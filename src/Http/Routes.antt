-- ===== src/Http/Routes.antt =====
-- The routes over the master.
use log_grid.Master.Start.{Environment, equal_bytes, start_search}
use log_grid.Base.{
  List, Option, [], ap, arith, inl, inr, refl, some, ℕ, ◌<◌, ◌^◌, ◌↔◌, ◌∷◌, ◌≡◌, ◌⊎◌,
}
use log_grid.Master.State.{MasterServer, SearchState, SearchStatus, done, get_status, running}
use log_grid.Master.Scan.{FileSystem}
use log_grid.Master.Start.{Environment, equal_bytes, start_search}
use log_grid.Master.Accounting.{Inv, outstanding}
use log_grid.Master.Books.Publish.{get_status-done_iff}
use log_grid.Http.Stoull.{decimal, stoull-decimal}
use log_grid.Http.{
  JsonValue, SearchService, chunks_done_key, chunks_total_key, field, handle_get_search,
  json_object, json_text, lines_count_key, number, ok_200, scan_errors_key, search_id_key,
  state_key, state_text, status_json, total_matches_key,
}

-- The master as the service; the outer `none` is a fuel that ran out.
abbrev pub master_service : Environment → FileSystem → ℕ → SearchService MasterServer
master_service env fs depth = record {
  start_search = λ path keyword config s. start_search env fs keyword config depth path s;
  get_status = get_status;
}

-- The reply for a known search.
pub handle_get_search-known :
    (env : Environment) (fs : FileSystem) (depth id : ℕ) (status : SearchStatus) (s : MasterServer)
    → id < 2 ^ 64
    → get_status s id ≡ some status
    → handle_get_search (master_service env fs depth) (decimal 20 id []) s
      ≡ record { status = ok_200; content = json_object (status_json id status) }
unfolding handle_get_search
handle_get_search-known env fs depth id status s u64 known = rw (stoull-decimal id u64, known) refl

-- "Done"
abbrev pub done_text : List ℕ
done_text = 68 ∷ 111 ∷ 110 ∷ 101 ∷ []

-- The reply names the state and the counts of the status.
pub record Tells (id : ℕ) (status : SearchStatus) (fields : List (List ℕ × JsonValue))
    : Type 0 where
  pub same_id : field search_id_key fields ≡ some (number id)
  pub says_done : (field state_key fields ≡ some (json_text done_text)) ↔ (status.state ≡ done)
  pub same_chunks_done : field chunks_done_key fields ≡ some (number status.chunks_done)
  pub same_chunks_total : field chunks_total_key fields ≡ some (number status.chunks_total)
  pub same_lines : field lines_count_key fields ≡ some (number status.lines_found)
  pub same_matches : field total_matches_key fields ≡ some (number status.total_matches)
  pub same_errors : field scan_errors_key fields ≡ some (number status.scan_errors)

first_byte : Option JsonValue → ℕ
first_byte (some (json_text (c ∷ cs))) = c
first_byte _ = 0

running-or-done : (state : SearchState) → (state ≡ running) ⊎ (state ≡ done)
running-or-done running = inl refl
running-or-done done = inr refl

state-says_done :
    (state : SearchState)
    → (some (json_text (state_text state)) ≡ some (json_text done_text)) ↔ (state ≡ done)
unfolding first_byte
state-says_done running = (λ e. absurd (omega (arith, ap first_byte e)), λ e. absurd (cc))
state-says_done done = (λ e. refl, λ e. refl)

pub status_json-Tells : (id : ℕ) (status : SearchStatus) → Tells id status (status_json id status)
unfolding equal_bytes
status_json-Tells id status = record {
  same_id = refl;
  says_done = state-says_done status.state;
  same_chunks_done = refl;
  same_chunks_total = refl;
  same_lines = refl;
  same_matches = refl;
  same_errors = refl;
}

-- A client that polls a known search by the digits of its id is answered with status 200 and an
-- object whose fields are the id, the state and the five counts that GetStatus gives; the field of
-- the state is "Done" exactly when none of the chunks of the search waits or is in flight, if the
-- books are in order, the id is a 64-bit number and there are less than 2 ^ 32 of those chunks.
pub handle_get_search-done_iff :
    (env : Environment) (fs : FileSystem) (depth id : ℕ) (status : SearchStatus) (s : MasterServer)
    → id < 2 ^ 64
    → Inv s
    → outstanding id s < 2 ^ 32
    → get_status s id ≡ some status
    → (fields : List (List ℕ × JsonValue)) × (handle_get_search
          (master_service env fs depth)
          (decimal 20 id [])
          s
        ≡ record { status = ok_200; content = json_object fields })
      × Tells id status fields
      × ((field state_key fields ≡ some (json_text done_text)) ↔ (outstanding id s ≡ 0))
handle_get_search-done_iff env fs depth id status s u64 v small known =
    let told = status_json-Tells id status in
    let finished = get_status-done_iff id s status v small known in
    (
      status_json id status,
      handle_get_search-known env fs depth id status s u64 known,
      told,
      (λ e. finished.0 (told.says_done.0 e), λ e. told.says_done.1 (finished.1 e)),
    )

+ + + + + + +

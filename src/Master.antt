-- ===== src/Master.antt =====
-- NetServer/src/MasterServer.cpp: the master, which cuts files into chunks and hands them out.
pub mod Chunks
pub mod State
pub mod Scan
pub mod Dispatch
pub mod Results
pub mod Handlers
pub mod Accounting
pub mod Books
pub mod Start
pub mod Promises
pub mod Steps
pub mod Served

+ + + + + + +

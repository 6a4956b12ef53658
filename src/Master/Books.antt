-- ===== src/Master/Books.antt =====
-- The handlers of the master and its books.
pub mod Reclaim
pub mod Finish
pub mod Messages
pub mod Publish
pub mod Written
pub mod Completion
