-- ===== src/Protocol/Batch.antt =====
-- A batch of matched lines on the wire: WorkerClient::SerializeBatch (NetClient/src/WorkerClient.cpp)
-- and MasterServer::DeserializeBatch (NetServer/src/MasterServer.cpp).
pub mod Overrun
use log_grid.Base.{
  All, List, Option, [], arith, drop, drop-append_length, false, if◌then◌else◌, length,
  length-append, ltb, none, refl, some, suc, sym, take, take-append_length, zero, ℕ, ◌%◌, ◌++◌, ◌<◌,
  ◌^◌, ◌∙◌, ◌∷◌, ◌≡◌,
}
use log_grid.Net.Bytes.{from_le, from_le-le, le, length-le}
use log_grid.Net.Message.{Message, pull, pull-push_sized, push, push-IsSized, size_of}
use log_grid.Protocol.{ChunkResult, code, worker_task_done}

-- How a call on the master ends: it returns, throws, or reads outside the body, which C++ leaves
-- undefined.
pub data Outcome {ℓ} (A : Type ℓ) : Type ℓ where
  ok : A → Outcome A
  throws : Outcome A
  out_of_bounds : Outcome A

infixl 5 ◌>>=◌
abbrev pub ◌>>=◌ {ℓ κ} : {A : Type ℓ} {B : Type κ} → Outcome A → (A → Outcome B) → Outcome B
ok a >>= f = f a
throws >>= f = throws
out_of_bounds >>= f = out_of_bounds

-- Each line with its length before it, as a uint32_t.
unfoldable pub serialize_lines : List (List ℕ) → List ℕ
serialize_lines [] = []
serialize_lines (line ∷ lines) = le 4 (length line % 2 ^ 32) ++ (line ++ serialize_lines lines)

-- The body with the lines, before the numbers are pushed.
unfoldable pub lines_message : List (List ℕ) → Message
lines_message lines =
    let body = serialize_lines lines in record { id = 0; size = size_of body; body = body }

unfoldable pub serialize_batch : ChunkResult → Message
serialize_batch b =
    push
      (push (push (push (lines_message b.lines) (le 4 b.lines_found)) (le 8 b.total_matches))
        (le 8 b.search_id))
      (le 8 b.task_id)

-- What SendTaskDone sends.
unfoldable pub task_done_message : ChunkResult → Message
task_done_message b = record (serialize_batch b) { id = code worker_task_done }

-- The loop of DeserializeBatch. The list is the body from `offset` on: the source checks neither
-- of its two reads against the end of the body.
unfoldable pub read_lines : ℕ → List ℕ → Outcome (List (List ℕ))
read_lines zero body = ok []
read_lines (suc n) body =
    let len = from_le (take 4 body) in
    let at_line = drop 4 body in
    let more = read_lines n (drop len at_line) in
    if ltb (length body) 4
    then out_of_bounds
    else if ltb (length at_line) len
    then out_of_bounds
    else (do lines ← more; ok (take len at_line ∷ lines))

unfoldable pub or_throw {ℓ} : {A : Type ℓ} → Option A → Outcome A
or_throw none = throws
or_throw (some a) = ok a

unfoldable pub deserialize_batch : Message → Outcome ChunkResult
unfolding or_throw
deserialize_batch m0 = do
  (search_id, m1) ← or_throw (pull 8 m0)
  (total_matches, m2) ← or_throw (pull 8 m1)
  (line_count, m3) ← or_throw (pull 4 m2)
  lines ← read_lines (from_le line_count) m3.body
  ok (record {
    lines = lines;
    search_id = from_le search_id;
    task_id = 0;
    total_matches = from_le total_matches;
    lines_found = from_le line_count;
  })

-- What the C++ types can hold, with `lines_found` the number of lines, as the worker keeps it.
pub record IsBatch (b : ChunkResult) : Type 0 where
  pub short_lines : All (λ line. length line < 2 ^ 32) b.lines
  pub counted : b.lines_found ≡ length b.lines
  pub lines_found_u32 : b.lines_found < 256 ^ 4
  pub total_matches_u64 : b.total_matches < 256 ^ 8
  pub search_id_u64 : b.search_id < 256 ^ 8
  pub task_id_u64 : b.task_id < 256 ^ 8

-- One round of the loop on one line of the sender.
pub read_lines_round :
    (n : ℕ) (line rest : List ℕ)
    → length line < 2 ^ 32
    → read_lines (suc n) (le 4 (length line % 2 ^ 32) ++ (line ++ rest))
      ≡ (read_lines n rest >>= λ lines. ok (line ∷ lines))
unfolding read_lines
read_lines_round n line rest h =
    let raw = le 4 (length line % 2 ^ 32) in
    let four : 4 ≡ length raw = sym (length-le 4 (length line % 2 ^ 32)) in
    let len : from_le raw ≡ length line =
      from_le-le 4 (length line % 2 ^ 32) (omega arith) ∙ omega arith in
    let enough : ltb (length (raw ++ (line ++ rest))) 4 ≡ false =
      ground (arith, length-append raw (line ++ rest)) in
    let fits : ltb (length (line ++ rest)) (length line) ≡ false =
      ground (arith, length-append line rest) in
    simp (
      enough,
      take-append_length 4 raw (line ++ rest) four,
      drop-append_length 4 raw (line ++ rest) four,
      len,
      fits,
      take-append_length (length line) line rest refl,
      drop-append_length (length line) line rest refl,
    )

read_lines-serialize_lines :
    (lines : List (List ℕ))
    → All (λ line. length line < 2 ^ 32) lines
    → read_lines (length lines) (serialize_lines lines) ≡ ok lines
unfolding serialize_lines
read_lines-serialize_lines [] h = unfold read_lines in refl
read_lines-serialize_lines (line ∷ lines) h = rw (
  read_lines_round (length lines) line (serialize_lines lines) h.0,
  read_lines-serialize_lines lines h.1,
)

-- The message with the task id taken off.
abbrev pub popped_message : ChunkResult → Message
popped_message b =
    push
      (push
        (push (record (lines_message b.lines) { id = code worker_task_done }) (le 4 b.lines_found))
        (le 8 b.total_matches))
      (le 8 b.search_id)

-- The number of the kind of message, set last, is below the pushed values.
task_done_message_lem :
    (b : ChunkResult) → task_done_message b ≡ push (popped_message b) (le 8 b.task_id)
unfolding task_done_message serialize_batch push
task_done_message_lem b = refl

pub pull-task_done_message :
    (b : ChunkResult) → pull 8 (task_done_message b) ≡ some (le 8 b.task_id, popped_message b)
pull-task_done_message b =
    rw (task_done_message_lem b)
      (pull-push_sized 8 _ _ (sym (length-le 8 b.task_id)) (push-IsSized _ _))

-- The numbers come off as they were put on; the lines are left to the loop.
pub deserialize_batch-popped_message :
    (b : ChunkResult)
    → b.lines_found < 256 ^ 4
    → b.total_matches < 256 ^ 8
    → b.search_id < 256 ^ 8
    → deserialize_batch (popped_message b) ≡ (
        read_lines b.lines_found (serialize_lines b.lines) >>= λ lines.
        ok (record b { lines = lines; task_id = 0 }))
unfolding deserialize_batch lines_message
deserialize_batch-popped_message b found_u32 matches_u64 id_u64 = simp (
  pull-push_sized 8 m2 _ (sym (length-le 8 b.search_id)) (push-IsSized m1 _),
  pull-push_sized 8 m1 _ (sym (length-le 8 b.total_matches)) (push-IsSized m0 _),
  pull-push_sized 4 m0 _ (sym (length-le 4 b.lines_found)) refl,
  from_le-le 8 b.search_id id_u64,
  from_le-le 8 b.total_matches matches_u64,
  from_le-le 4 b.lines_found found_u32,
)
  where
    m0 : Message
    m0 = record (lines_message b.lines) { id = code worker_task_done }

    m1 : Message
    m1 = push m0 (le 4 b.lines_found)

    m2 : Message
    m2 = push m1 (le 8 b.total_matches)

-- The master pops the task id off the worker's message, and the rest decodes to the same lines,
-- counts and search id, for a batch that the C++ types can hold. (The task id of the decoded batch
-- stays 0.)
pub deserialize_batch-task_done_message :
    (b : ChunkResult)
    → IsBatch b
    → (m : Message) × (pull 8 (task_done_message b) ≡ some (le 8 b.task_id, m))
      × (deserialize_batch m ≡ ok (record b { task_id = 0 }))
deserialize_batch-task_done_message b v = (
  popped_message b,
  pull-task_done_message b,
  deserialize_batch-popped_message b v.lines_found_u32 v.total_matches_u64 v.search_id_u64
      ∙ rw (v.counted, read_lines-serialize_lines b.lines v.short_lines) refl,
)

+ + + + + + +

→ WHAT NEEDS TO BE DONE: Take the entries above and return only the lines from the one with "serialize_lines (line ∷ lines) = le" to the one with "unfoldable pub serialize_batch", both included, unchanged.

→ WRITTEN REPLY:
serialize_lines (line ∷ lines) = le 4 (length line % 2 ^ 32) ++ (line ++ serialize_lines lines)

-- The body with the lines, before the numbers are pushed.
unfoldable pub lines_message : List (List ℕ) → Message
lines_message lines =
    let body = serialize_lines lines in record { id = 0; size = size_of body; body = body }

unfoldable pub serialize_batch : ChunkResult → Message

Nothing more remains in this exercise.